While the activity-based modelling represents an alternative demand modelling approach, dynamic traffic assignment is considered the alternative of static assignment. In general terms, dynamic assignment takes into account the fact that flows are time-varying in every link of the network, including also other characteristics such as the consideration of First-In-First-Out queue models, queue dissipation in finite time, and the existence of a capacity that is not exceeded \citep{OrtuzarWillumsen2011}. This family of models consider two general types of solution: equilibrium and not-equilibrium states \citep{friesz2007analytical}. \cite{peeta2001foundations} classify these models in two main categories, analytical and simulation-based ones, the former formulated using mathematical programming, optimal control or variational inequalities, the latter focused in representing the traffic propagation with sufficient reality.
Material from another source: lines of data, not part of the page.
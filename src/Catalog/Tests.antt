-- ===== src/Catalog/Tests.antt =====
-- A shop with one product and one category, on which the theorems about the catalogue are run:
-- backend/app/modules/products_catalog/service.py.
use retail_os.Users.RbacService.{collect, get_effective_permission_codes}
use retail_os.Core.Security.{decode_token}
use retail_os.Auth.Dependencies.{access_payload, get_current_user, require_permission}
use retail_os.Catalog.Endpoints.{guarded}
use retail_os.Catalog.Upkeep.{serve_all-IsCatalog}
use retail_os.Catalog.Updates.{category_update-once, variant_update-once, product_update-once}
use retail_os.Catalog.Creating.{rows_from}
use retail_os.Core.Keeps.{IsCommitted}
use retail_os.Core.Refused.{Refused}
use retail_os.Catalog.UnitRepository
use retail_os.Catalog.CategoryRepository
use retail_os.Catalog.ProductVariantRepository
use retail_os.Catalog.ProductRepository
use retail_os.Catalog.UnitService
use retail_os.Prelude.Int.{pos}
use retail_os.Core.Config.{default_settings}
use retail_os.Core.Decimal.{fits_numeric, Decimal}
use retail_os.Core.Session.{start, ◌>>=◌, Session}
use retail_os.Catalog.Invariant.{IsCatalog}
use retail_os.Catalog.Serving.{perform-Permitted, Permitted}
use retail_os.Core.Versioned.{versioned_update}
use retail_os.Catalog.Creation.{
  check_brand, create_variant, check_category, name_variant, create_variants,
}
use retail_os.Catalog.Schemas.{
  CategoryUpdate, ProductVariantUpdate, ProductUpdate, ProductVariantInput, ProductCreate,
}
use retail_os.Prelude.{List, false, [], refl, true, ◌∷◌, arith, ◌≡◌, none, some, ℕ, String}
use retail_os.Catalog.Models.{Category, ProductUnit}
use retail_os.Catalog.Requests.{Request, Call, perform, permission, serve_all}
use retail_os.Auth.Tests.{toys}
use retail_os.Users.Models.{PermissionAction}
use retail_os.Users.Tests.{office}
use retail_os.Inventory.Tests.{shirt, shirt_variant}
use retail_os.Catalog.CategoryService
use retail_os.Catalog.ProductVariantService
use retail_os.Catalog.Creation
use retail_os.Catalog.Endpoints.Products
use retail_os.Users.UserRepository
use retail_os.Users.PermissionRepository
use retail_os.Catalog.Changes

abbrev pub piece : ProductUnit
piece = record {
  id = 3;
  company_id = none;
  name = "Piece";
  abbreviation = "pc";
  is_system = true;
  deleted_at = none;
  version = 1;
}

abbrev clothes : Category
clothes = record {
  id = 40;
  company_id = 1;
  name = "Clothes";
  parent_category_id = none;
  description = none;
  image_url = none;
  display_order = pos 0;
  is_active = true;
  deleted_at = none;
  version = 1;
}

-- Ann may do what the code stands for.
abbrev pub store : String → Session
store code = start 1000 100 (record (office.db) {
  permissions =
      record {
        id = 8;
        code = code;
        permission_module = "products";
        screen = none;
        action = PermissionAction.create;
        description = none;
      }
      ∷ [];
  units = piece ∷ [];
  categories = clothes ∷ [];
  products = shirt ∷ [];
  product_variants = shirt_variant ∷ [];
})

abbrev euros : ℕ → Decimal
euros n = record { unscaled = pos n; scale = 0 }

abbrev sized : String → String → ProductVariantInput
sized sku size = record {
  sku = sku;
  size = some size;
  color = some "Blue";
  purchase_price = euros 8;
  selling_price = euros 12;
  mrp = none;
}

abbrev trousers : ProductCreate
trousers = record {
  sku = "TROUSERS";
  name = "Trousers";
  description = none;
  category_id = some 40;
  brand_id = none;
  base_unit_id = 3;
  gender = none;
  season = none;
  age_group = none;
  hsn_code = none;
  tax_percent = none;
  track_inventory = true;
  allow_negative_stock = false;
  low_stock_threshold = none;
  has_variants = true;
  purchase_price = euros 0;
  selling_price = euros 0;
  mrp = none;
  variants = sized "T-M" "M" ∷ sized "T-L" "L" ∷ [];
}

blue :
    (Creation.create_product 1 trousers (store "products.create")).1.db.product_variants
    ≡ shirt_variant ∷ rows_from 101 1 100 trousers.variants
unfolding Creation.create_product create_variants create_variant check_category check_brand ◌>>=◌
    UnitService.ensure_available_for_company UnitService.get UnitRepository.get_by_id
    ProductRepository.get_by_sku ProductRepository.create ProductVariantRepository.get_by_sku
    ProductVariantRepository.create CategoryRepository.get_by_id fits_numeric
blue = refl

named : name_variant (some "M") (some "Blue") ≡ some "Blue / M"
named = refl

abbrev rename : String → ProductUpdate
rename name = record {
  name = some (some name);
  description = none;
  category_id = none;
  brand_id = none;
  gender = none;
  season = none;
  age_group = none;
  hsn_code = none;
  tax_percent = none;
  track_inventory = none;
  allow_negative_stock = none;
  low_stock_threshold = none;
  is_active = none;
}

abbrev resize : String → ProductVariantUpdate
resize size = record {
  size = some (some size);
  color = none;
  purchase_price = none;
  selling_price = none;
  mrp = none;
  is_active = none;
}

abbrev rename_category : String → CategoryUpdate
rename_category name = record {
  name = some (some name);
  parent_category_id = none;
  description = none;
  image_url = none;
  display_order = none;
  is_active = none;
}

product_update-once_example :
    let s' = (Changes.update_product 1 20 (rename "Blouse") 1 (store "products.update")).1 in
    Refused (Changes.update_product 1 20 (rename "Skirt") 1) s'
unfolding Changes.update_product check_category check_brand versioned_update ◌>>=◌
    ProductRepository.get_by_id fits_numeric
product_update-once_example =
    product_update-once 1 20 1 (rename "Blouse") (rename "Skirt") (store "products.update")
      {s' = (Changes.update_product 1 20 (rename "Blouse") 1 (store "products.update")).1} refl refl
      refl

variant_update-once_example :
    let s' = (ProductVariantService.update 1 21 (resize "L") 1 (store "products.update")).1 in
    Refused (ProductVariantService.update 1 21 (resize "S") 1) s'
unfolding ProductVariantService.update ProductVariantService.renamed ProductVariantService.get
    versioned_update ◌>>=◌ ProductVariantRepository.get_by_id fits_numeric
variant_update-once_example =
    variant_update-once 1 21 1 (resize "L") (resize "S") (store "products.update")
      {s' = (ProductVariantService.update 1 21 (resize "L") 1 (store "products.update")).1} refl
      refl refl

category_update-once_example :
    let s' =
      (CategoryService.update 1 40 (rename_category "Wear") 1 (store "categories.update")).1 in
    Refused (CategoryService.update 1 40 (rename_category "Dress") 1) s'
unfolding CategoryService.update CategoryService.check_parent versioned_update ◌>>=◌
    CategoryRepository.get_by_id
category_update-once_example =
    category_update-once 1 40 1 (rename_category "Wear") (rename_category "Dress")
      (store "categories.update")
      {s' = (CategoryService.update 1 40 (rename_category "Wear") 1 (store "categories.update")).1}
      refl refl refl

abbrev ask : Request
ask = Request.create_product trousers

perform-Permitted_example :
    Permitted "products.create" toys default_settings (some "access") (store "products.create")
unfolding perform permission Products.create_product guarded require_permission get_current_user
    access_payload decode_token UserRepository.get_by_id get_effective_permission_codes collect
    UserRepository.get_role_ids PermissionRepository.list_codes_for_role Creation.create_product
    create_variants create_variant check_category check_brand ◌>>=◌
    UnitService.ensure_available_for_company UnitService.get UnitRepository.get_by_id
    ProductRepository.get_by_sku ProductRepository.create ProductVariantRepository.get_by_sku
    ProductVariantRepository.create CategoryRepository.get_by_id fits_numeric
perform-Permitted_example =
    perform-Permitted toys default_settings (some "access") ask (store "products.create")
      {s' = (perform toys default_settings (some "access") ask (store "products.create")).1} refl

store-IsCatalog : IsCatalog (store "products.create").db
store-IsCatalog = record {
  has_variants = (refl, tt);
  products_distinct = (refl, tt);
  variants_distinct = (refl, tt);
  one_primary = λ c v. omega arith;
}

-- The second call has no token, and the third finds the SKU taken.
abbrev calls : List Call
calls = (1000, some "access", ask) ∷ (1001, none, ask) ∷ (1002, some "access", ask) ∷ []

serve_all-IsCatalog_example :
    let s' = serve_all toys default_settings calls (store "products.create") in
    IsCommitted s' × IsCatalog s'.saved
serve_all-IsCatalog_example =
    serve_all-IsCatalog toys default_settings calls (store "products.create") refl store-IsCatalog
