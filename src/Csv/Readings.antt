-- ===== src/Csv/Readings.antt =====
-- What the groups that `parse_products_csv` of backend/app/modules/products_catalog/csv_io.py returns
-- say of the cells of the file.
use retail_os.Core.Exceptions.{Exception}
use retail_os.Core.Ensures.{Ensures-raise_if, Ensures-read, Ensures}
use retail_os.Csv.Numbers.{int_of, decimal_of}
use retail_os.Core.Session.{◌>>=◌, or_raise, pure, Session}
use retail_os.Prelude.Related.{Related}
use retail_os.Prelude.Rows.{any, select_all, All, select_one}
use retail_os.Csv.Values.{is_empty, parse_bool, text_of, clean}
use retail_os.Csv.Groups.{
  or_else, if_given, get, cell, ProductImportGroup, ProductImportVariantRow, parse_decimal,
  parse_optional_decimal, parse_optional_int, parse_variant, parse_group,
}
use retail_os.Csv.Wire.{Text, Rows, done, broken, next}
use retail_os.Prelude.{
  refl, inr, inl, Option-cases, if◌then◌else◌, arith, some, none, str_eq, ◌≡◌, Bool, ◌+◌, String,
  Option, List, ℕ, true, false, [], ◌∷◌,
}

-- a row of cells with the number that the loop gives it
abbrev pub Row : Type 0
Row = ℕ × List Text

-- the rows that have a cell, up to the end of the file
abbrev pub numbered : ℕ → Rows → List Row
numbered n done = []
numbered n broken = []
numbered n (next [] rest) = numbered n rest
numbered n (next (c ∷ cs) rest) = (n, c ∷ cs) ∷ numbered (n + 1) rest

-- the value of a cell under a column's name, without the spaces around it
abbrev pub value : List Text → Row → String → Text
value header row column = clean (get header row.1 column)

-- the row has this SKU
abbrev pub sku_is : List Text → String → Row → Bool
sku_is header sku row = str_eq (text_of (value header row "sku")) sku

-- a value that may be blank
abbrev pub IsText : Text → Option String → Type 0
IsText [] o = o ≡ none
IsText (c ∷ cs) o = o ≡ some (text_of (c ∷ cs))

abbrev pub IsNumber : {A : Type 0} → (Text → Option A) → Text → Option A → Type 0
IsNumber reads [] o = o ≡ none
IsNumber {A} reads (c ∷ cs) o = (x : A) × (reads (c ∷ cs) ≡ some x) × (o ≡ some x)

-- A blank variant SKU stands for the SKU.
abbrev pub IsSku : Text → Text → String → Type 0
IsSku [] sku t = t ≡ text_of sku
IsSku (c ∷ cs) sku t = t ≡ text_of (c ∷ cs)

pub record IsVariant (header : List Text) (row : Row) (v : ProductImportVariantRow) : Type 0 where
  pub line : v.line_number ≡ row.0
  pub variant_sku : IsSku (value header row "variant_sku") (value header row "sku") v.variant_sku
  pub size : IsText (value header row "size") v.size
  pub color : IsText (value header row "color") v.color
  pub purchase_price : decimal_of (value header row "purchase_price") ≡ some v.purchase_price
  pub selling_price : decimal_of (value header row "selling_price") ≡ some v.selling_price
  pub mrp : IsNumber decimal_of (value header row "mrp") v.mrp

pub record IsGroup (header : List Text) (row : Row) (g : ProductImportGroup) : Type 0 where
  pub sku : g.sku ≡ text_of (value header row "sku")
  pub name : g.name ≡ text_of (value header row "name")
  pub unit : g.unit ≡ text_of (value header row "unit")
  pub description : IsText (value header row "description") g.description
  pub category : IsText (value header row "category") g.category
  pub brand : IsText (value header row "brand") g.brand
  pub gender : IsText (value header row "gender") g.gender
  pub season : IsText (value header row "season") g.season
  pub age_group : IsText (value header row "age_group") g.age_group
  pub hsn_code : IsText (value header row "hsn_code") g.hsn_code
  pub tax_percent : IsNumber decimal_of (value header row "tax_percent") g.tax_percent
  pub low_stock_threshold :
      IsNumber int_of (value header row "low_stock_threshold") g.low_stock_threshold
  pub track_inventory : g.track_inventory ≡ parse_bool (get header row.1 "track_inventory") true
  pub allow_negative_stock :
      g.allow_negative_stock ≡ parse_bool (get header row.1 "allow_negative_stock") false

-- Each group is opened by the first row with its SKU and has, in order, one variant for each row with
-- its SKU; the SKUs of the groups are those of the rows.
pub record IsRead (header : List Text) (rows : List Row) (groups : List ProductImportGroup)
    : Type 0 where
  pub fields :
      All
        (λ g.
          (row : Row) × (select_one (sku_is header g.sku) rows ≡ some row) × IsGroup header row g)
        groups
  pub variants :
      All
        (λ g. Related (IsVariant header) (select_all (sku_is header g.sku) rows) g.variants)
        groups
  pub skus : (k : String) → any (sku_is header k) rows ≡ any (λ g. str_eq g.sku k) groups

parse_decimal-Number :
    (n : ℕ) (c : Option Text) (column : String) (s : Session)
    → Ensures (λ x s'. (s' ≡ s) × (decimal_of (clean c) ≡ some x)) (parse_decimal n c column s)
unfolding parse_decimal
parse_decimal-Number n c column s = ground arith

optional-Number :
    {A : Type 0} (reads : Text → Option A) (t : Text) (e : Exception) (s : Session)
    → Ensures
        (λ x s'. (s' ≡ s) × IsNumber reads t x)
        ((if is_empty t then pure none else or_raise (reads t) e >>= λ x. pure (some x)) s)
unfolding ◌>>=◌
optional-Number reads [] e s = (refl, refl)
optional-Number reads (c ∷ cs) e s = elim (Option-cases (reads (c ∷ cs))) [
  | inl none_read ↦ rw none_read tt
  | inr (x, read) ↦ rw read (refl, (x, refl, refl))
]

parse_optional_decimal-Number :
    (n : ℕ) (c : Option Text) (column : String) (s : Session)
    → Ensures
        (λ x s'. (s' ≡ s) × IsNumber decimal_of (clean c) x)
        (parse_optional_decimal n c column s)
unfolding parse_optional_decimal
parse_optional_decimal-Number n c column s = optional-Number decimal_of (clean c) _ s

parse_optional_int-Number :
    (n : ℕ) (c : Option Text) (column : String) (s : Session)
    → Ensures (λ x s'. (s' ≡ s) × IsNumber int_of (clean c) x) (parse_optional_int n c column s)
unfolding parse_optional_int
parse_optional_int-Number n c column s = optional-Number int_of (clean c) _ s

if_given-IsText : (t : Text) → IsText t (if_given t)
if_given-IsText [] = refl
if_given-IsText (c ∷ cs) = refl

or_else-IsSku : (t sku : Text) → IsSku t sku (text_of (or_else t sku))
or_else-IsSku [] sku = refl
or_else-IsSku (c ∷ cs) sku = refl

pub parse_variant-IsVariant :
    (header : List Text) (n : ℕ) (cells : List Text) (s : Session)
    → Ensures
        (λ v s'. (s' ≡ s) × IsVariant header (n, cells) v)
        (parse_variant header n cells (cell header cells "sku") s)
unfolding parse_variant
parse_variant-IsVariant header n cells s =
    let row : Row = (n, cells) in
    let Q = λ (v : ProductImportVariantRow) (s' : Session). (s' ≡ s) × IsVariant header row v in
    Ensures-read Q (λ x. decimal_of (value header row "purchase_price") ≡ some x) _ _ s
      (parse_decimal-Number n _ _ s)
      λ purchase p.
        Ensures-read Q (λ x. decimal_of (value header row "selling_price") ≡ some x) _ _ s
          (parse_decimal-Number n _ _ s)
          λ selling q.
            Ensures-read Q (λ x. IsNumber decimal_of (value header row "mrp") x) _ _ s
              (parse_optional_decimal-Number n _ _ s)
              λ mrp r. (
                refl,
                record {
                  line = refl;
                  variant_sku = or_else-IsSku (value header row "variant_sku") _;
                  size = if_given-IsText (value header row "size");
                  color = if_given-IsText (value header row "color");
                  purchase_price = p;
                  selling_price = q;
                  mrp = r;
                },
              )

pub parse_group-IsGroup :
    (header : List Text) (n : ℕ) (cells : List Text) (s : Session)
    → Ensures
        (λ g s'. (s' ≡ s) × (IsGroup header (n, cells) g × (g.variants ≡ [])))
        (parse_group header n cells (cell header cells "sku") s)
unfolding parse_group
parse_group-IsGroup header n cells s =
    let row : Row = (n, cells) in
    let Q = λ (g : ProductImportGroup) (s' : Session).
      (s' ≡ s) × (IsGroup header row g × (g.variants ≡ [])) in
    Ensures-raise_if Q _ _ _ s λ _. Ensures-raise_if Q _ _ _ s λ _.
      Ensures-read Q (λ x. IsNumber decimal_of (value header row "tax_percent") x) _ _ s
        (parse_optional_decimal-Number n _ _ s)
        λ tax p.
          Ensures-read Q (λ x. IsNumber int_of (value header row "low_stock_threshold") x) _ _ s
            (parse_optional_int-Number n _ _ s)
            λ threshold q. (
              refl,
              (
                record {
                  sku = refl;
                  name = refl;
                  unit = refl;
                  description = if_given-IsText (value header row "description");
                  category = if_given-IsText (value header row "category");
                  brand = if_given-IsText (value header row "brand");
                  gender = if_given-IsText (value header row "gender");
                  season = if_given-IsText (value header row "season");
                  age_group = if_given-IsText (value header row "age_group");
                  hsn_code = if_given-IsText (value header row "hsn_code");
                  tax_percent = p;
                  low_stock_threshold = q;
                  track_inventory = refl;
                  allow_negative_stock = refl;
                },
                refl,
              ),
            )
A relevant example in the simulation based models is the Cell Transmission Model \citep{daganzo1994cell}, which represents a numerical solution of the Kinematic Wave Model, in which traffic behavior is assumed to be similar to a fluid \citep{flugel2014evaluation}. The main challenges for the application of simulation-based dynamic traffic assignment models in large-scale highly-congested urban networks are related to computational efficiency, scalability and model precision, existing an important trade off between efficiency and precision \citep{wei2010critical}. Another big challenge of this models' family is calibration, which consists in finding the correct values for a set of parameters $\beta_{h}^{G}$ (where $h$ represent the temporal period and $G$ the network conditions) such as supply, demand and the interaction between them is represented with enough reality by the model \citep{balakrishna2006off}. The challenges lie in the size of $\beta_{h}^{G}$ and the relation between its element, which calls for formulating correct calibration methods, usually associated to optimization \citep{balakrishna2006off}. 
%ok
An approach that has been explored in more recent years in the transport area is the agent-based modelling, which can be defined as a computational method that allows the experimentation on objects, entities or fictitious individuals (agents) that interact in a determined environment through simulation \citep{gilbert2008agent}. A relevant characteristic of this approach is that it allows to represent the learning and adaptation process of every agent, useful for complex systems where it is not possible to know every single action and behavior of the individual entities \citep{weiss1995adaptation}. Some examples of agents' learning methods are learning by instructions, learning from examples and by practice, or learning by analogy \citep{wei2010critical}. An important example of this modelling approach in the transport field is TRANSIMS, which considers traffic micro-simulation based on cellular automata \citep{smith1995transims,nagel1996parallel}. Part of the TRANSIMS developer team continued their research efforts independently, from where MATSim (Multi-Agent Transport Simulation) \citep{IntroMATSim} was born. Agent-based models act as an interface between activity-based models and dynamic traffic assignment, keeping the identity of every agent with its activity-travel chain through the simulation, taking advantage of both approaches \citep{rieser2007agent}. As agent-based models are simulation based, they suffer from the same difficulties in terms of calibration as the pure dynamic traffic assignment models that are based on simulation. Advice to calibrate this kind of models can be found in \cite{fehler2004techniques}, mentioning that calibration techniques should recognized as a first task the inter-dependency between the different model's parameters and also make use of their modular structure, aiming to reduce the complexity and the computational time of the complete process.
%ok.
\section{MATSim}
\label{sec:matsim}
In this work, MATSim was chosen as the modelling framework to represent the Santiago's transport system. The complete algorithm of this model is summarized graphically in Figure \ref{fig:matsim_algorithm}. 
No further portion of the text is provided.